A catalyst speeds up a reaction, sometimes essentially so. The coming
education revolution is going to be much larger than any single organization
but we think we can help bring it about a little bit quicker. Sal Khan is
definitely a catalyst in this respect.

We do this through two complimentary features sets:

1) Learning about learning. These are tools to track student progress, judge
the effectiveness of different techniques, etc... Think an education
effectiveness dashboard. By providing high-quality information we can shorten
and improve the feedback loop by better understanding what works and what
doesn't.

2) Online learning delivery. As a starting point, think an LMS like
Instructure/Moodle/Blackboard, etc... but designed to work with the previous
point - try new things and measure. The key here is enabling teacher
creativity. It's all well and fine for us to implement and measure new tools
in house but that's not fast enough (and gives us no particular advantage).
The Instructors on our system need to be able to easily implement their own
thoughts on how to improve teaching (and then see the results).
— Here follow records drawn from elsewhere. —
-- ===== src/Routing.antt =====
-- firmware_core/routing.h and routing.c: the parts of mesh routing.
pub mod Dedupe
pub mod Budget
pub mod Flood
pub mod Control
pub mod Neighbors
They are much
smarter than we will ever be about this. We need our instructors to see this
'LMS' as their playground for teaching experimentation. And, of course, when
one of them makes a breakthrough they will share it and everyone will be
better off.

Innovation is experimentation that results in an improvement. We help teachers
experiment and judge the success of their experiments, shortening the feedback
loop and increasing the rate of innovation. This is what we mean by "be a
catalyst".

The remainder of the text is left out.